The two Port A control lines act as interrupt inputs or as handshake outputs. Each line controls an internal interrupt flag with a corresponding interrupt enable bit. In addition, CA1 controls the latching of data on Port A input lines. CA1 is a high-impedance input only while CA2 represents one standard TTL load in the input mode. CA2 will drive one standard TTL load in the output mode.
PORT B (PB0-PB7)Peripheral Port B consists of eight bi-directional lines which are controlled by an output register and a data direction register in much the same manner as the Port A. In addition, the polarity of the PB7 output signal can be controlled by one of the interval timers while the second timer can be programmed to count pulses on the PB6 pin. Port B lines represent one standard TTL load in the input mode and will drive one standard TTL load in the output mode. In addtition, they are capable of sourcing 1.0 mA at 1.5 Vdc in the output mode to allow the outputs to directly drive Darlington transistor circuits. Figure 3 is the circuit schematic.

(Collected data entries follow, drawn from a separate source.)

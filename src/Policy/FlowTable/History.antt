-- ===== src/Policy/FlowTable/History.antt =====
-- The flow table (daemon/policy/flowtable.go) over time: the steps that the daemon takes on it.
use lightscale.Prelude.{
  ℕ, ◌%◌, ◌+◌, ◌≤◌, ◌<◌, ◌^◌, ◌≡◌, refl, false, none, some, [], ◌∷◌, arith, if◌then◌else◌, Map, get,
  put, nat_eq, All, All-weaken, All-keep, All-delete, has, Distinct-delete, Distinct-keep,
  delete_absent, get_absent, any, ◌==◌, get-delete, get-keep-none,
}
use lightscale.Policy.{Index}
use lightscale.Policy.FlowTable.{Flow, FlowTable, IsValid, new_flow_table, add, remove, reap, len}
use lightscale.Policy.FlowTable.Laws.{flows-reap}

abbrev u64_mod : ℕ
u64_mod = 2 ^ 64

has_above :
    (n k : ℕ) (flows : Map ℕ Flow)
    → All (λ e. e.0 ≤ n) flows
    → n < k
    → has (λ e. e.0) k flows ≡ false
unfolding has any
has_above n k [] h lt = refl
has_above n k (e ∷ flows) h lt = ground (arith, has_above n k flows h.1)

module _ (t : FlowTable) (v : IsValid t) where
  fresh : has (λ e. e.0) (t.next + 1) t.flows ≡ false
  fresh = has_above t.next (t.next + 1) t.flows v.bounded (omega arith)

  -- While ids are left, `Add` counts up and puts the flow in front.
  add_lem :
      (f : Flow)
      → t.next + 1 < u64_mod
      → add t f ≡ (record { next = t.next + 1; flows = (t.next + 1, f) ∷ t.flows }, t.next + 1)
  unfolding add put
  add_lem f room =
      let small : (t.next + 1) % u64_mod ≡ t.next + 1 = omega arith in
      rw (small, delete_absent (t.next + 1) t.flows fresh)

  added-IsValid :
      (f : Flow) → IsValid (record { next = t.next + 1; flows = (t.next + 1, f) ∷ t.flows })
  added-IsValid f = record {
    distinct = (fresh, v.distinct);
    bounded = (omega arith, All-weaken _ _ t.flows (λ e h. omega arith) v.bounded);
  }

  -- Until 2 ^ 64 ids have been given, Add gives an id that no open flow has, stores the flow under
  -- it, leaves all other flows as they were, and keeps the table valid; it grows by one.
  pub add_fresh :
      (f : Flow)
      → t.next + 1 < u64_mod
      → (get (add t f).1 t.flows ≡ none)
        × ((id : ℕ)
            → get id (add t f).0.flows ≡ (if (add t f).1 == id then some f else get id t.flows))
        × (len (add t f).0 ≡ len t + 1)
        × IsValid (add t f).0
  unfolding len get
  add_fresh f room =
      rw (add_lem f room)
        (get_absent (t.next + 1) t.flows fresh, λ id. refl, omega arith, added-IsValid f)

  pub remove-IsValid : (id : ℕ) → IsValid (remove t id)
  unfolding remove
  remove-IsValid id = record {
    distinct = Distinct-delete id t.flows v.distinct;
    bounded = All-delete _ id t.flows v.bounded;
  }

  next-reap : (idx : Index) → (reap t idx).0.next ≡ t.next
  unfolding reap
  next-reap idx = refl

  pub reap-IsValid : (idx : Index) → IsValid (reap t idx).0
  reap-IsValid idx = record {
    distinct = rw (flows-reap t idx v) (Distinct-keep _ _ t.flows v.distinct);
    bounded = rw (flows-reap t idx v, next-reap idx) (All-keep _ _ t.flows v.bounded);
  }

-- A step of the daemon on its table, while ids are left.
pub data Step (t : FlowTable) : FlowTable → Type 0 where
  added : (f : Flow) → t.next + 1 < u64_mod → Step t (add t f).0
  removed : (id : ℕ) → Step t (remove t id)
  reaped : (idx : Index) → Step t (reap t idx).0

pub data Reach (t : FlowTable) : FlowTable → Type 0 where
  start : Reach t t
  step : {u w : FlowTable} → Reach t u → Step u w → Reach t w

Step-IsValid : {t u : FlowTable} → Step t u → IsValid t → IsValid u
Step-IsValid {t} (added f room) v = (add_fresh t v f room).3
Step-IsValid {t} (removed id) v = remove-IsValid t v id
Step-IsValid {t} (reaped idx) v = reap-IsValid t v idx

Reach-IsValid : {t u : FlowTable} → Reach t u → IsValid t → IsValid u
Reach-IsValid start v = v
Reach-IsValid (step r s) v = Step-IsValid s (Reach-IsValid r v)

-- An id that was given and is not in use.
abbrev pub Retired : ℕ → FlowTable → Type 0
Retired id t = (id ≤ t.next) × (get id t.flows ≡ none)

Step-Retired : {t u : FlowTable} (id : ℕ) → Step t u → IsValid t → Retired id t → Retired id u
Step-Retired {t} id (added f room) v (given, gone) =
    let (_, gets, _, _) = add_fresh t v f room in
    rw (add_lem t v f room) (omega arith, (unfold get in ground arith))
Step-Retired {t} id (removed j) v (given, gone) =
    (unfold remove in (given, ground (arith, get-delete j id t.flows)))
Step-Retired {t} id (reaped idx) v (given, gone) =
    (rw (next-reap t v idx) given, rw (flows-reap t idx v) (get-keep-none id _ t.flows gone))

-- From a valid table, such as the new one, whatever steps follow: the table stays valid, and an id
-- that was given and is no longer in use never names a flow again.
pub Reach-Retired :
    {t u : FlowTable} (id : ℕ) → Reach t u → IsValid t → Retired id t → IsValid u × Retired id u
Reach-Retired id start v h = (v, h)
Reach-Retired id (step r s) v h =
    let (w, k) = Reach-Retired id r v h in (Step-IsValid s w, Step-Retired id s w k)

pub new_flow_table-IsValid : IsValid new_flow_table
unfolding new_flow_table
new_flow_table-IsValid = record { distinct = tt; bounded = tt }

The Port B control lines act as interrupt inputs as handshake outputs. As with CA1 and CA2, each line controls an interrupt flag with a corresponding interrupt enable bit. In addition, these lines act as a serial port under control of the Shift Register. These lines represent one standard TTL load in the input mode and will drive one standard TTL load in the output mode. CB2 can also drive a Darlington transistor circuit; however, CB1 cannot.